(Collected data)

┌──

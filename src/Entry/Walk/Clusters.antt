-- ===== src/Entry/Walk/Clusters.antt =====
-- entry.c: the clusters of a formatted volume, and what a write to one leaves alone.
use model_lib.Prelude.{
  ℕ, ◌+◌, ◌-◌, ◌*◌, ◌%◌, ◌^◌, ◌≤◌, ◌<◌, ◌≡◌, arith, ok, ap, ltb, if◌then◌else◌, fun_ext,
}
use model_lib.Memory.{Bytes}
use model_lib.Memory.Laws.{u16_at-copy_to_apart}
use model_lib.Volume.{Volume, sb_of, max_pos, cluster_size, read_at, write_at}
use model_lib.Volume.Layout.{Layout, layout_sb, read_at_lem, write_at_lem}
use model_lib.Fat.{u32_mod, u128_mod}
use model_lib.Fat.Entries.{InFat, entry, entry-u16, entry_pos}
use model_lib.Entry.Walk.{read_cluster}

-- Where the data clusters begin, and where cluster `c` stands.
abbrev pub data_start : ℕ → ℕ
data_start s = 512 * (1 + s * 2)

abbrev pub cluster_pos : (s c : ℕ) → ℕ
cluster_pos s c = data_start s + (c - 2) * 512

module _ {w s : ℕ} {v : Volume} (l : Layout w s v) where
  data_start_lem :
      (sb_of v.bytes).data_cluster_sector * (sb_of v.bytes).bytes_per_sector % u32_mod
      ≡ data_start s
  data_start_lem = rw (l.data_sector, l.sector) (omega (arith, l.few))

  pub read_cluster_lem : (c : ℕ) → 2 ≤ c → c < u32_mod → read_cluster v c ≡ ok (cluster_pos s c)
  unfolding read_cluster
  read_cluster_lem c low high =
      let e : (c + u128_mod - 2) % u128_mod ≡ c - 2 = omega arith in
      rw (layout_sb l, data_start_lem, e) (ap ok (omega (arith, l.few)))

  -- Cluster 0, which `get_cluster_number` returns for a path that leads nowhere, is taken to stand in
  -- the table.
  pub read_cluster_zero : 1 ≤ s → read_cluster v 0 ≡ ok (data_start s - 1024)
  unfolding read_cluster
  read_cluster_zero some_table = rw (layout_sb l, data_start_lem) (ap ok (omega (arith, l.few)))

-- The contents of a cluster, as the buffers of the directory functions hold them.
abbrev pub view : Volume → (position : ℕ) → Bytes
view v position i = if ltb i cluster_size then v.bytes (position + i) else 0

-- A buffer that is zeroed behind `CLUSTER_SIZE`.
abbrev pub Padded : Bytes → Type 0
Padded m = (i : ℕ) → cluster_size ≤ i → m i ≡ 0

pub view-Padded : (v : Volume) (position : ℕ) → Padded (view v position)
view-Padded v position i h = ground arith

pub read_at-view :
    (v : Volume) (position : ℕ) (buffer : Bytes)
    → Padded buffer
    → position + 512 ≤ v.size
    → position < 2 ^ 64
    → read_at v position buffer cluster_size ≡ view v position
read_at-view v position buffer padded h k =
    rw (read_at_lem v position 512 buffer h k) (fun_ext λ i. ground (arith, padded i))

-- A write to the data keeps every entry of the table.
pub entry-write_at :
    {s : ℕ} {v : Volume} (l : Layout 2 s v) (position n : ℕ) (ptr : Bytes) (i : ℕ)
    → data_start s ≤ position
    → 0 < n
    → position + n ≤ max_pos
    → InFat 2 s i
    → entry 2 (write_at v position ptr n) i ≡ entry 2 v i
entry-write_at {v} l position n ptr i h some_bytes k inside = rw (
  entry-u16 (write_at v position ptr n) i,
  entry-u16 v i,
  write_at_lem v position n ptr some_bytes k,
  u16_at-copy_to_apart v.bytes position ptr n (entry_pos 2 i) (omega arith),
)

└──

:: TASK REQUIREMENTS ::
Reprint exactly the lines above that start at the one with "read_cluster_lem c low" and end at the one with "read_at-view v position", keeping both and adding none.

:: RESULT ::
  read_cluster_lem c low high =
      let e : (c + u128_mod - 2) % u128_mod ≡ c - 2 = omega arith in
      rw (layout_sb l, data_start_lem, e) (ap ok (omega (arith, l.few)))

  -- Cluster 0, which `get_cluster_number` returns for a path that leads nowhere, is taken to stand in
  -- the table.
  pub read_cluster_zero : 1 ≤ s → read_cluster v 0 ≡ ok (data_start s - 1024)
  unfolding read_cluster
  read_cluster_zero some_table = rw (layout_sb l, data_start_lem) (ap ok (omega (arith, l.few)))

-- The contents of a cluster, as the buffers of the directory functions hold them.
abbrev pub view : Volume → (position : ℕ) → Bytes
view v position i = if ltb i cluster_size then v.bytes (position + i) else 0

-- A buffer that is zeroed behind `CLUSTER_SIZE`.
abbrev pub Padded : Bytes → Type 0
Padded m = (i : ℕ) → cluster_size ≤ i → m i ≡ 0

pub view-Padded : (v : Volume) (position : ℕ) → Padded (view v position)
view-Padded v position i h = ground arith

pub read_at-view :
    (v : Volume) (position : ℕ) (buffer : Bytes)
    → Padded buffer
    → position + 512 ≤ v.size
    → position < 2 ^ 64
    → read_at v position buffer cluster_size ≡ view v position
read_at-view v position buffer padded h k =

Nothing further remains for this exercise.